▶ **Try it**
The material below holds a span beginning at the line with "link_by_index = λ index. raise down;" and ending at the line with "internal = record". Quote that span exactly, both ends included, and only that span.

▶ **Provided records**
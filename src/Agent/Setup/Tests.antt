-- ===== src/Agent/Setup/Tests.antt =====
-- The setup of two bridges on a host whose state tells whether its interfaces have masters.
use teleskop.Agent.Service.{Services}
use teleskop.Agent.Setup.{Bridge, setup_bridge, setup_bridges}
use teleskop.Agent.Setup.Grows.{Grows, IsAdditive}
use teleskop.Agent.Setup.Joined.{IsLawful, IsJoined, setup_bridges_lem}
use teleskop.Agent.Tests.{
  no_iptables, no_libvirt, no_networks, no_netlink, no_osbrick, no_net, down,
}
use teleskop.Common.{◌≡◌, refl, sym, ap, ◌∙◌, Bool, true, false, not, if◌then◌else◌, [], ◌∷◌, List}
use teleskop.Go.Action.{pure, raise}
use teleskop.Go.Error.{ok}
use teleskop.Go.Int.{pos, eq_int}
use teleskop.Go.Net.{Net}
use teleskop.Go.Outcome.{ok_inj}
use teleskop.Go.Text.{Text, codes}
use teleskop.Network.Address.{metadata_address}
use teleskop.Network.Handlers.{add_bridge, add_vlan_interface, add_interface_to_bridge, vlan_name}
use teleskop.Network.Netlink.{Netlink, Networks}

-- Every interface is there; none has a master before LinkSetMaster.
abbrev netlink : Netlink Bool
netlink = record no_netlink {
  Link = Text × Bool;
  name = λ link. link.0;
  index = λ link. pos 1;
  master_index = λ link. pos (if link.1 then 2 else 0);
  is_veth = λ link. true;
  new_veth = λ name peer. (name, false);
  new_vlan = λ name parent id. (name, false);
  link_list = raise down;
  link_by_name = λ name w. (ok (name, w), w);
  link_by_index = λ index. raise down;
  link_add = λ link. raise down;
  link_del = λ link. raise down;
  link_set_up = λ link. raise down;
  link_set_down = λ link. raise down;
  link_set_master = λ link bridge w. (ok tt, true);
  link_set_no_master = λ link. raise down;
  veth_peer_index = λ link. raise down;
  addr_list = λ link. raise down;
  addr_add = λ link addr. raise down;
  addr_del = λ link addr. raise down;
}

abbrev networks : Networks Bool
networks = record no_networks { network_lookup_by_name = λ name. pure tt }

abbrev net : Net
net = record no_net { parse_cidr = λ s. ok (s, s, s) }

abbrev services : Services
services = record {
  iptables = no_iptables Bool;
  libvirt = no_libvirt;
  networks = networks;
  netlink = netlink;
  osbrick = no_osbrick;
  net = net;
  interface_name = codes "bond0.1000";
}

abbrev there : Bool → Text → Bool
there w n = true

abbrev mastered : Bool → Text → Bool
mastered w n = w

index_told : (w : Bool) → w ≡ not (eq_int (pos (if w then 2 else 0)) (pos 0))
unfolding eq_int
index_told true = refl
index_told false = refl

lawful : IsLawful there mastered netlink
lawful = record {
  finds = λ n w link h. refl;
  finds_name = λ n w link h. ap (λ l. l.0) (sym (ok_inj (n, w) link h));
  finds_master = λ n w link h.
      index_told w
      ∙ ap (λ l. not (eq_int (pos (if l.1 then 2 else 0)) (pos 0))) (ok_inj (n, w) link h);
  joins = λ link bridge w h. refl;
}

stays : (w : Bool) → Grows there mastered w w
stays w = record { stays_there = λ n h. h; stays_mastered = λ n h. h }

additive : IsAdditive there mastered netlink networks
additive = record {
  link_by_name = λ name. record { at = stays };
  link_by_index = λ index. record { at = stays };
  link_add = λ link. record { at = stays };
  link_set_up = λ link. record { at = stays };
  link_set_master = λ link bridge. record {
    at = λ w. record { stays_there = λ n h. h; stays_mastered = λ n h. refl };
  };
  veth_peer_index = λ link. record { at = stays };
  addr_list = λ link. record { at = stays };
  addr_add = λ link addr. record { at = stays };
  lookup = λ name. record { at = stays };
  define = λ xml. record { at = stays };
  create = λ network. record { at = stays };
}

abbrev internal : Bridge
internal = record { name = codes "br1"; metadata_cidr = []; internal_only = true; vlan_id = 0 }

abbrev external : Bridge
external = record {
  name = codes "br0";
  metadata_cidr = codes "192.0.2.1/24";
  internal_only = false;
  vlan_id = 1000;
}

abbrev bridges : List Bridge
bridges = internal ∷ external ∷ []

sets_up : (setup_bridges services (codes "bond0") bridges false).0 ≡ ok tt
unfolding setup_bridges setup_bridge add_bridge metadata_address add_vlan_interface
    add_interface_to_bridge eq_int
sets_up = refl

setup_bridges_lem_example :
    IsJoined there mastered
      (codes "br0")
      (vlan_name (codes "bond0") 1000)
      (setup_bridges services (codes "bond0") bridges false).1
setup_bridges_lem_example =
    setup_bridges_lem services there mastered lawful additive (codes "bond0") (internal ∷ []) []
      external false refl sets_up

▶ **Solution to the exercise**
  link_by_index = λ index. raise down;
  link_add = λ link. raise down;
  link_del = λ link. raise down;
  link_set_up = λ link. raise down;
  link_set_down = λ link. raise down;
  link_set_master = λ link bridge w. (ok tt, true);
  link_set_no_master = λ link. raise down;
  veth_peer_index = λ link. raise down;
  addr_list = λ link. raise down;
  addr_add = λ link addr. raise down;
  addr_del = λ link addr. raise down;
}

abbrev networks : Networks Bool
networks = record no_networks { network_lookup_by_name = λ name. pure tt }

abbrev net : Net
net = record no_net { parse_cidr = λ s. ok (s, s, s) }

abbrev services : Services
services = record {
  iptables = no_iptables Bool;
  libvirt = no_libvirt;
  networks = networks;
  netlink = netlink;
  osbrick = no_osbrick;
  net = net;
  interface_name = codes "bond0.1000";
}

abbrev there : Bool → Text → Bool
there w n = true

abbrev mastered : Bool → Text → Bool
mastered w n = w

index_told : (w : Bool) → w ≡ not (eq_int (pos (if w then 2 else 0)) (pos 0))
unfolding eq_int
index_told true = refl
index_told false = refl

lawful : IsLawful there mastered netlink
lawful = record {
  finds = λ n w link h. refl;
  finds_name = λ n w link h. ap (λ l. l.0) (sym (ok_inj (n, w) link h));
  finds_master = λ n w link h.
      index_told w
      ∙ ap (λ l. not (eq_int (pos (if l.1 then 2 else 0)) (pos 0))) (ok_inj (n, w) link h);
  joins = λ link bridge w h. refl;
}

stays : (w : Bool) → Grows there mastered w w
stays w = record { stays_there = λ n h. h; stays_mastered = λ n h. h }

additive : IsAdditive there mastered netlink networks
additive = record {
  link_by_name = λ name. record { at = stays };
  link_by_index = λ index. record { at = stays };
  link_add = λ link. record { at = stays };
  link_set_up = λ link. record { at = stays };
  link_set_master = λ link bridge. record {
    at = λ w. record { stays_there = λ n h. h; stays_mastered = λ n h. refl };
  };
  veth_peer_index = λ link. record { at = stays };
  addr_list = λ link. record { at = stays };
  addr_add = λ link addr. record { at = stays };
  lookup = λ name. record { at = stays };
  define = λ xml. record { at = stays };
  create = λ network. record { at = stays };
}

abbrev internal : Bridge
internal = record { name = codes "br1"; metadata_cidr = []; internal_only = true; vlan_id = 0 }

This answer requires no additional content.